His gaze went to the side window of the truck, the glass steamed over at the corners. The contours of the rough land resembled rigidly flexed muscles, bulging biceps covered with hairy grass. To his eye, it looked worthless, too damned arid and barren. It required a hundred acres to support one cow with a calf. It seemed so unproductive, such a waste of so much land.
“It’s a crime,” he murmured aloud.
“What?” Jessy didn’t quite catch what he said.
Leo roused himself. “I was just looking out the window and thinking of such a valuable resource sitting idle.”
“You mean the grass?” The parched and freeze-dried grass was all she could see, definitely a resource in her experience.
“I’m talking about all the coal that’s underneath it, so close to the surface.” A huge deposit of low-sulfur coal underlay this whole region of eastern Montana. “All a man would need to do is scrape away that worthless soil and there it would be.”
“You don’t even have to scrape the ground away.” Jessy smiled as if knowing a secret and let up on the accelerator, looking around to get her bearings on how far they’d come. “Do you want me to show you?”
“Do you mean there’s a place where the vein of coal has been exposed?” he asked with growing interest, and she gave him an affirmative nod. “Yes, I’d like to see it—if it won’t take us too much out of our way.”
“It won’t,” she assured him and turned the truck onto a trail that was little more than two rutted tracks running through the grass. “But you’ll have to hold on. It’ll be a bumpy ride.”
The warning was an understatement. Leo Grayson ended up with one hand braced overhead and one jammed against the dashboard as the pickup bounced over the rough trail. Jessy gripped the steering wheel with both hands to keep it from being jerked out of her grasp. Conversation was impossible on the teeth-jolting ride. The trail crested a rise and fell steeply into a hollow. Jessy braked the truck to a stop at the bottom where it leveled out.
“There it is.” She gestured with her hand to a cutbank.

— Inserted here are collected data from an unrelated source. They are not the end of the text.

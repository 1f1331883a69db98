-- ===== src/Detection/Tests.antt =====
-- The theorem on the detected configuration at a concrete report.
use audioreach_pulseaudio_pl.Detection.{JackOutConfig, SysNodeConfig, compress}
use audioreach_pulseaudio_pl.Formats.{encoding_any}
use audioreach_pulseaudio_pl.Channel.{ChannelMap, mono, invalid}
use audioreach_pulseaudio_pl.Sink.Rates.{s16le}
use audioreach_pulseaudio_pl.Base.{pos, ℕ}

abbrev blank : ChannelMap
blank = record { channels = 0; positions = λ i. invalid }

abbrev auto_map : ChannelMap → ℕ → ChannelMap
auto_map m n = record { channels = n; positions = λ i. mono }

abbrev four_times : SysNodeConfig
four_times = record {
  sample_rate = 192000;
  bitwidth = 16;
  channels = 2;
  layout = 0;
  channel_allocation = 0;
  mode = compress;
  preemph_status = pos 1;
}

abbrev unset : JackOutConfig
unset = record {
  encoding = encoding_any;
  rate = 0;
  format = s16le;
  ss_channels = 0;
  map = blank;
  preemph_status = pos 0;
}
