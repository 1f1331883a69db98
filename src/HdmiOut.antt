-- ===== src/HdmiOut.antt =====
-- modules/pa-pal-plugins/module-pal-card/src/pal-jack-hdmi-out.c: the jack of the HDMI output, from
-- the kernel's messages to the events that its clients get.
--
-- A message is the list of its bytes. The socket, the sysfs files and `atoi` are not the plugin's
-- code: the bytes received and the values read are arguments, and `atoi` is a parameter, a function
-- of the bytes from where it starts to the end of the message.
pub mod Scan
pub mod Events
mod Tests
use audioreach_pulseaudio_pl.Detection.{JackOutConfig}
use audioreach_pulseaudio_pl.Sink.Rates.{s16le}
use audioreach_pulseaudio_pl.Formats.{encoding_pcm}
use audioreach_pulseaudio_pl.Channel.{ChannelMap}
use audioreach_pulseaudio_pl.Base.{
  Bool, List, Option, [], equals_int, false, if◌then◌else◌, length, none, not, pos, some, suc, true,
  zero, ℕ, ℤ, ◌&&◌, ◌==◌, ◌||◌, ◌∷◌,
}

-- `pa_pal_jack_event_t`, also the status of the jack.
pub data JackEvent : Type 0 where
  jack_error jack_available jack_unavailable jack_config_update jack_no_valid_stream
        jack_set_param :
      JackEvent

abbrev pub is_available : JackEvent → Bool
is_available jack_available = true
is_available _ = false

abbrev pub is_unavailable : JackEvent → Bool
is_unavailable jack_unavailable = true
is_unavailable _ = false

-- An event with the configuration that it carries, if any.
pub record Fired : Type 0 where
  pub event : JackEvent
  pub info : Option JackOutConfig

-- The configuration `set_default_config` writes: `auto_map` is the map that PulseAudio's
-- `pa_channel_map_init_auto` gives for two channels.
abbrev pub default_config : ChannelMap → JackOutConfig
default_config auto_map = record {
  encoding = encoding_pcm;
  rate = 48000;
  format = s16le;
  ss_channels = 2;
  map = auto_map;
  preemph_status = pos 0;
}

abbrev pub available_events : ChannelMap → List Fired
available_events auto_map =
    record { event = jack_available; info = none }
    ∷ record { event = jack_config_update; info = some (default_config auto_map) }
    ∷ []

-- The check when the detection is enabled, by the values of the two files.
unfoldable pub check_hdmi_out_connection : ChannelMap → ℤ → ℤ → JackEvent → JackEvent × List Fired
check_hdmi_out_connection auto_map audio_path_value hdmi_tx_state status =
    if equals_int audio_path_value 1
    then (status, [])
    else if equals_int hdmi_tx_state 1
    then (jack_available, available_events auto_map)
    else (jack_unavailable, [])

-- The bytes of "NAME=", "HDMI=", "DP=" and EXT_HDMI_DISPLAY_SWITCH_NAME.
abbrev pub name_key : List ℕ
name_key = 78 ∷ 65 ∷ 77 ∷ 69 ∷ 61 ∷ []

abbrev pub hdmi_key : List ℕ
hdmi_key = 72 ∷ 68 ∷ 77 ∷ 73 ∷ 61 ∷ []

abbrev pub dp_key : List ℕ
dp_key = 68 ∷ 80 ∷ 61 ∷ []

abbrev pub display_switch_name : List ℕ
display_switch_name =
    115 ∷ 111 ∷ 99 ∷ 58 ∷ 113 ∷ 99 ∷ 111 ∷ 109 ∷ 44 ∷ 109 ∷ 115 ∷ 109 ∷ 45 ∷ 101 ∷ 120 ∷ 116 ∷ 45
    ∷ 100 ∷ 105 ∷ 115 ∷ 112 ∷ []

-- `pa_strneq` of the bytes with a whole key.
abbrev pub starts_with : List ℕ → List ℕ → Bool
starts_with [] bytes = true
starts_with (k ∷ key) [] = false
starts_with (k ∷ key) (b ∷ bytes) = if k == b then starts_with key bytes else false

abbrev pub drop : ℕ → List ℕ → List ℕ
drop zero bytes = bytes
drop (suc n) [] = []
drop (suc n) (b ∷ bytes) = drop n bytes

-- The three pointers that the scan sets, each as the bytes from there on.
pub record Found : Type 0 where
  pub switch_name : Option (List ℕ)
  pub switch_state : Option (List ℕ)
  pub dp_switch_state : Option (List ℕ)

-- One round of the scan: what is found, and the bytes that are left.
unfoldable pub scan_round : List ℕ → Found → List ℕ × Found
scan_round bytes f =
    if starts_with name_key bytes
    then (drop 5 bytes, record f { switch_name = some (drop 5 bytes) })
    else if starts_with hdmi_key bytes
    then (drop 5 bytes, record f { switch_state = some (drop 5 bytes) })
    else if starts_with dp_key bytes
    then (drop 3 bytes, record f { dp_switch_state = some (drop 3 bytes) })
    else (drop 1 bytes, f)

-- The scan, with fuel.
unfoldable pub scan : ℕ → List ℕ → Found → Found
scan zero bytes f = f
scan (suc fuel) [] f = f
scan (suc fuel) (b ∷ bytes) f = let (rest, f') = scan_round (b ∷ bytes) f in scan fuel rest f'

abbrev pub state_is : (List ℕ → ℤ) → Option (List ℕ) → ℕ → Bool
state_is atoi none n = false
state_is atoi (some bytes) n = equals_int (atoi bytes) n

abbrev pub names_display : Option (List ℕ) → Bool
names_display none = false
names_display (some bytes) = starts_with display_switch_name bytes

-- `hdmi_out_flag`: 1, -1 or 0.
pub data Flag : Type 0 where
  plugged unplugged neither : Flag

unfoldable pub flag_of : (List ℕ → ℤ) → Found → Flag
flag_of atoi f =
    if not (names_display f.switch_name)
    then neither
    else if state_is atoi f.switch_state 1 || state_is atoi f.dp_switch_state 1
    then plugged
    else if state_is atoi f.switch_state 0 && state_is atoi f.dp_switch_state 0
    then unplugged
    else neither

-- The end of `jack_io_callback`: the new status and the events that are fired, in order.
unfoldable pub report : ChannelMap → Flag → JackEvent → JackEvent × List Fired
report auto_map plugged status =
    if is_available status then (status, []) else (jack_available, available_events auto_map)
report auto_map unplugged status =
    if is_unavailable status
    then (status, [])
    else (jack_unavailable, record { event = jack_unavailable; info = none } ∷ [])
report auto_map neither status = (status, [])

unfoldable pub jack_io_callback :
    (List ℕ → ℤ) → ChannelMap → List ℕ → JackEvent → JackEvent × List Fired
unfolding scan flag_of
jack_io_callback atoi auto_map message status =
    report auto_map
      (flag_of atoi (
        scan (length message) message
          (record { switch_name = none; switch_state = none; dp_switch_state = none })))
      status
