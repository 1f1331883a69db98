-- ===== src/ExtJack.antt =====
-- modules/pa-pal-plugins/module-pal-card/src/pal-jack-external.c: the jacks whose state comes over
-- D-Bus: the connection, the start and stop of a stream, the parameters and the thread that hands
-- these on.
--
-- The arguments of a D-Bus message go in; a handler gives whether it replied without an error, and the
-- events that it fires. `strtok_r`, `pa_encoding_from_string`, `pa_parse_sample_format`,
-- `pa_channel_map_parse` and `pa_channel_map_init_auto` are parameters.
pub mod Thread
pub mod Requests
pub mod Served
mod Tests
use audioreach_pulseaudio_pl.Detection.{JackOutConfig}
use audioreach_pulseaudio_pl.HdmiOut.{Fired, JackEvent}
use audioreach_pulseaudio_pl.Sink.Rates.{SampleFormat, s16le}
use audioreach_pulseaudio_pl.Formats.{Encoding, encoding_pcm}
use audioreach_pulseaudio_pl.Volume.{einval}
use audioreach_pulseaudio_pl.Channel.{ChannelMap}
use audioreach_pulseaudio_pl.Base.{
  Bool, List, Option, String, [], false, find_row, if◌then◌else◌, none, pos, some, true, ℕ, ℤ, ◌∷◌,
}
use audioreach_pulseaudio_pl.Ports.{JackType, bta2dp_out}
use text.Mathlib.Text.{◌==◌ as str_eq}
use audioreach_pulseaudio_pl.HdmiOut.{
  Fired, JackEvent, jack_available, jack_unavailable, jack_config_update,
}

-- `jack_param_key_t`
pub data ParamKey : Type 0 where
  key_device_connection key_a2dp_suspend key_device_samplerate : ParamKey

abbrev pub jack_prmkey_names : List (String × ParamKey)
jack_prmkey_names =
    ("device_connection", key_device_connection)
    ∷ ("a2dp_suspend", key_a2dp_suspend)
    ∷ ("sample_rate", key_device_samplerate)
    ∷ []

-- None is -1.
unfoldable pub parse_keyidx : String → Option ParamKey
parse_keyidx keystr = find_row (λ name. str_eq keystr name) jack_prmkey_names

-- `jack_prm_kvpair_t`
pub record KvPair : Type 0 where
  pub key : ParamKey
  pub value : String

-- A token of `strtok_r` with "=", and the text that is left.
abbrev pub Tokens : Type 0
Tokens = String → Option (String × String)

abbrev value_of : ParamKey → Option (String × String) → KvPair → ℤ × KvPair
value_of key none kv = (einval, kv)
value_of key (some (value, rest)) kv = (pos 0, record { key = key; value = value })

abbrev keyed : Tokens → Option ParamKey → String → KvPair → ℤ × KvPair
keyed strtok none rest kv = (einval, kv)
keyed strtok (some key) rest kv = value_of key (strtok rest) kv

abbrev parse_tokens : Tokens → Option (String × String) → KvPair → ℤ × KvPair
parse_tokens strtok none kv = (einval, kv)
parse_tokens strtok (some (name, rest)) kv = keyed strtok (parse_keyidx name) rest kv

-- `pa_pal_external_jack_parse_kvpair`: the code, and the pair, written on success alone.
unfoldable pub parse_kvpair : Tokens → String → KvPair → ℤ × KvPair
parse_kvpair strtok kvpair kv = parse_tokens strtok (strtok kvpair) kv

abbrev pub is_bta2dp : JackType → Bool
is_bta2dp bta2dp_out = true
is_bta2dp _ = false

-- `set_default_config`
unfoldable pub external_default_config : ChannelMap → JackType → JackOutConfig
external_default_config auto_map jack_type = record {
  encoding = encoding_pcm;
  rate = if is_bta2dp jack_type then 48000 else 16000;
  format = s16le;
  ss_channels = 2;
  map = auto_map;
  preemph_status = pos 0;
}

abbrev fire_event : JackEvent → Option JackOutConfig → Fired
fire_event event info = record { event = event; info = info }

-- `pal_jack_external_bt_connection`, with the argument, none where the message has another signature.
unfoldable pub bt_connection : Option Bool → Bool × List Fired
bt_connection none = (false, [])
bt_connection (some is_connect) =
    if is_connect
    then (true, fire_event jack_available none ∷ [])
    else (true, fire_event jack_unavailable none ∷ [])

-- `pal_jack_external_stop_stream`
abbrev pub stop_stream_external : Bool × List Fired
stop_stream_external = (true, fire_event jack_unavailable none ∷ [])

-- How PulseAudio reads the texts of a stream; an invalid encoding or map is none.
pub record Readers : Type 0 where
  pub encoding_from_string : String → Option Encoding
  pub parse_sample_format : String → SampleFormat
  pub channel_map_parse : String → Option ChannelMap

-- The members of the struct argument "(suss)".
pub record StreamArgs : Type 0 where
  pub encoding : String
  pub rate : ℕ
  pub format : String
  pub map : String

abbrev is_pcm : Encoding → Bool
is_pcm encoding_pcm = true
is_pcm _ = false

-- `junk` is what the member that no line writes holds.
abbrev with_stream_map : Readers → ℤ → StreamArgs → Encoding → Option ChannelMap → Bool × List Fired
with_stream_map r junk args encoding none = (false, [])
with_stream_map r junk args encoding (some map) =
    let config : JackOutConfig = record {
      encoding = encoding;
      rate = args.rate;
      format = if is_pcm encoding then r.parse_sample_format args.format else s16le;
      ss_channels = map.channels;
      map = map;
      preemph_status = junk;
    } in
    (true, fire_event jack_available none ∷ fire_event jack_config_update (some config) ∷ [])

abbrev with_stream_encoding : Readers → ℤ → StreamArgs → Option Encoding → Bool × List Fired
with_stream_encoding r junk args none = (false, [])
with_stream_encoding r junk args (some encoding) =
    with_stream_map r junk args encoding (r.channel_map_parse args.map)

-- `pal_jack_external_start_stream`, with the arguments, none where the message has another signature.
unfoldable pub start_external_stream : Readers → ℤ → Option StreamArgs → Bool × List Fired
start_external_stream r junk none = (false, [])
start_external_stream r junk (some args) =
    with_stream_encoding r junk args (r.encoding_from_string args.encoding)
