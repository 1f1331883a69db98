-- ===== src/ExtJack/Thread.antt =====
-- The thread of pal-jack-external.c that hands a parameter on (`jack_ext_async_thread_func`), the
-- handler that gives it one (`pal_jack_external_set_param`), and the thread's count of jacks.
--
-- A step is what happens between two waits: the thread holds the mutex but while it waits and while it
-- reads the parameter and fires the event. A signal of the condition wakes the thread if it waits, and is
-- lost if it does not; `pa_cond_wait` may also return without a signal.
use audioreach_pulseaudio_pl.Ports.{JackType, get_port_name_from_jack_type}
use audioreach_pulseaudio_pl.Base.{
  Bool, List, Option, String, [], false, if◌then◌else◌, none, some, true, ℕ, ◌+◌, ◌-◌, ◌==◌, ◌∷◌,
  ◌||◌,
}

-- `jack_ext_async_thread_state_t`
pub data AsyncState : Type 0 where
  state_idle state_set_param state_exit : AsyncState

-- Where the thread is: before its loop, in `pa_cond_wait`, after the unlock, in the hook, or at its end.
pub data Place : Type 0 where
  starting waiting reading firing ended : Place

-- `pa_pal_async_thread_data`, where `external_jdata` is known by the jack that it is of, and what the thread
-- has done: the events fired, each with the jack whose hook fired and the parameter, and the done
-- signals, each with the jack that it is of, the latest first.
pub record Async : Type 0 where
  pub param : String
  pub external_jdata : Option JackType
  pub jack_ref_count : ℕ
  pub thread_state : AsyncState
  pub place : Place
  pub woken : Bool
  pub fired : List (Option JackType × String)
  pub done_signals : List (Option JackType)

abbrev pub is_exit : AsyncState → Bool
is_exit state_exit = true
is_exit _ = false

abbrev pub is_set_param : AsyncState → Bool
is_set_param state_set_param = true
is_set_param _ = false

abbrev pub is_waiting : Place → Bool
is_waiting waiting = true
is_waiting _ = false

-- The handler's first write, which holds no mutex.
unfoldable pub receive_param : String → Async → Async
receive_param param a = record a { param = param }

-- The rest of the handler of a jack, under the mutex, with its signal.
unfoldable pub announce_param : JackType → Async → Async
announce_param jack a = record a {
  thread_state = state_set_param;
  external_jdata = some jack;
  woken = if is_waiting a.place then true else a.woken;
}

-- The head of the loop: the test, and the wait.
abbrev pub loop_head : Async → Async
loop_head a =
    if is_exit a.thread_state
    then record a { place = ended }
    else record a { place = waiting; woken = false }

-- The next step of the thread from each place; none while it waits, and at its end. `spurious` is
-- whether the wait returns without a signal.
abbrev step_from : Place → Bool → Async → Option Async
step_from starting spurious a = some (loop_head a)
step_from waiting spurious a =
    if a.woken || spurious
    then (if is_set_param a.thread_state
        then some (record a { place = reading; woken = false })
        else some (loop_head a))
    else none
step_from reading spurious a =
    some (record a { place = firing; fired = (a.external_jdata, a.param) ∷ a.fired })
step_from firing spurious a =
    some (loop_head (record a { done_signals = a.external_jdata ∷ a.done_signals }))
step_from ended spurious a = none

unfoldable pub thread_step : Bool → Async → Option Async
thread_step spurious a = step_from a.place spurious a

-- The data of a new thread.
abbrev pub new_async : Async
new_async = record {
  param = "";
  external_jdata = none;
  jack_ref_count = 0;
  thread_state = state_idle;
  place = starting;
  woken = false;
  fired = [];
  done_signals = [];
}

-- `pa_pal_external_jack_detection_enable`: a jack without a port name gets nothing; the first one
-- makes the thread.
abbrev enable_named : Option String → Option Async → Bool × Option Async
enable_named none shared = (false, shared)
enable_named (some name) none = (true, some (record new_async { jack_ref_count = 1 }))
enable_named (some name) (some a) =
    (true, some (record a { jack_ref_count = a.jack_ref_count + 1 }))

unfoldable pub external_enable : JackType → Option Async → Bool × Option Async
external_enable jack_type shared = enable_named (get_port_name_from_jack_type jack_type) shared

-- `pa_pal_external_jack_detection_disable`: the last jack ends the thread, waits for its end and frees
-- the data. Without the data the code reads through NULL.
unfoldable pub external_disable : Option Async → Option (Option Async)
external_disable none = none
external_disable (some a) =
    if a.jack_ref_count == 1
    then some none
    else some (some (record a { jack_ref_count = a.jack_ref_count - 1 }))
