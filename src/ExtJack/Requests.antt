-- ===== src/ExtJack/Requests.antt =====
-- Requests to the thread of pal-jack-external.c, in any order with its steps.
use audioreach_pulseaudio_pl.ExtJack.Thread.{
  Async, Place, announce_param, firing, is_waiting, new_async, reading, receive_param, thread_step,
  waiting,
}
use audioreach_pulseaudio_pl.Ports.{JackType}
use audioreach_pulseaudio_pl.Base.{
  Option, String, arith, if◌then◌else◌, length, none, refl, some, suc, ℕ, ◌&&◌, ◌+◌, ◌≡◌, ◌≤◌,
  false, true,
}
use mathlib.Core.Path.{subst}

-- The steps of the handler and of the thread in any order. The numbers count the requests announced and
-- the returns of the wait without a signal.
pub data Run (a : Async) : ℕ → ℕ → Async → Type 0 where
  begin : Run a 0 0 a
  received :
      {n m : ℕ} {b : Async} (param : String) → Run a n m b → Run a n m (receive_param param b)
  announced :
      {n m : ℕ} {b : Async} (jack : JackType)
      → Run a n m b
      → Run a (suc n) m (announce_param jack b)
  stepped : {n m : ℕ} {b c : Async} → Run a n m b → thread_step false b ≡ some c → Run a n m c
  awoken :
      {n m : ℕ} {b c : Async}
      → Run a n m b
      → b.place ≡ waiting
      → b.woken ≡ false
      → thread_step true b ≡ some c
      → Run a n (suc m) c

abbrev at_reading : Place → ℕ
at_reading reading = 1
at_reading _ = 0

abbrev at_firing : Place → ℕ
at_firing firing = 1
at_firing _ = 0

abbrev pending : Async → ℕ
pending a = if is_waiting a.place && a.woken then 1 else 0

-- The events fired are the done signals and the one under way; with those to come they are no more than
-- the requests and the returns without a signal.
abbrev pub Accounted : ℕ → Async → Type 0
Accounted n a =
    (length a.fired ≡ length a.done_signals + at_firing a.place)
    × (length a.fired + (at_reading a.place + pending a) ≤ n)

abbrev StepAccounted : ℕ → Option Async → Type 0
StepAccounted n none = Unit {0}
StepAccounted n (some a) = Accounted n a

step-Accounted : (n : ℕ) (a : Async) → Accounted n a → StepAccounted n (thread_step false a)
unfolding thread_step
step-Accounted n a h = ground (arith, h)

wake-Accounted : (n : ℕ) (a : Async) → Accounted n a → StepAccounted (suc n) (thread_step true a)
unfolding thread_step
wake-Accounted n a h = ground (arith, h)

announce-Accounted :
    (n : ℕ) (jack : JackType) (a : Async)
    → Accounted n a
    → Accounted (suc n) (announce_param jack a)
unfolding announce_param
announce-Accounted n jack a h = ground (arith, h)

-- From the start of the thread, however requests and the thread's steps interleave, every event fired is
-- answered by a done signal before the next is fired, and there are never more events, those under
-- way and those to come included, than requests that were announced and returns of the wait without a
-- signal.
pub Run-Accounted : {n m : ℕ} {a : Async} → Run new_async n m a → Accounted (n + m) a
unfolding receive_param
Run-Accounted begin = (refl, omega arith)
Run-Accounted (received param r) = Run-Accounted r
Run-Accounted (announced {n = n} {m = m} {b = b} jack r) =
    let e : suc (n + m) ≡ suc n + m = omega arith in
    subst (λ k. Accounted k (announce_param jack b)) e
      (announce-Accounted (n + m) jack b (Run-Accounted r))
Run-Accounted (stepped {n = n} {m = m} {b = b} r e) =
    subst (StepAccounted (n + m)) e (step-Accounted (n + m) b (Run-Accounted r))
Run-Accounted (awoken {n = n} {m = m} {b = b} {c = c} r w u e) =
    let q : suc (n + m) ≡ n + suc m = omega arith in
    subst (λ k. Accounted k c) q
      (subst (StepAccounted (suc (n + m))) e (wake-Accounted (n + m) b (Run-Accounted r)))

Except for a thin layer of sod matted with dead grass atop it, the exposed section was solidly black. There were plenty of indications that its enlargement was man-made.
“Most of the older homes on the ranch are heated with coal furnaces,” Jessy explained. “There’s a couple-three areas like this scattered around. We just come and get our own fuel. It doesn’t cost anything but the labor.”
Giving in to his professional curiosity, Leo braved the cold temperature and climbed out of the pickup to take a closer look. It was one thing to know the coal was under the ground and another to see the large exposed seam. He wrapped the scarf more tightly around his head and neck and walked forward to investigate the high black bank.
Jessy watched him from the warmth of the truck’s cab, faintly amused by his fascination over something so common. Getting the winter supply of coal was not a chore anyone on the ranch fancied. It was dusty, dirty, hard work, and constantly having to stoke the furnace was another inconvenience. Which was why most of the homes had converted to more modern sources, usually oil or propane. Coal wasn’t practical anymore, even if it was cheap.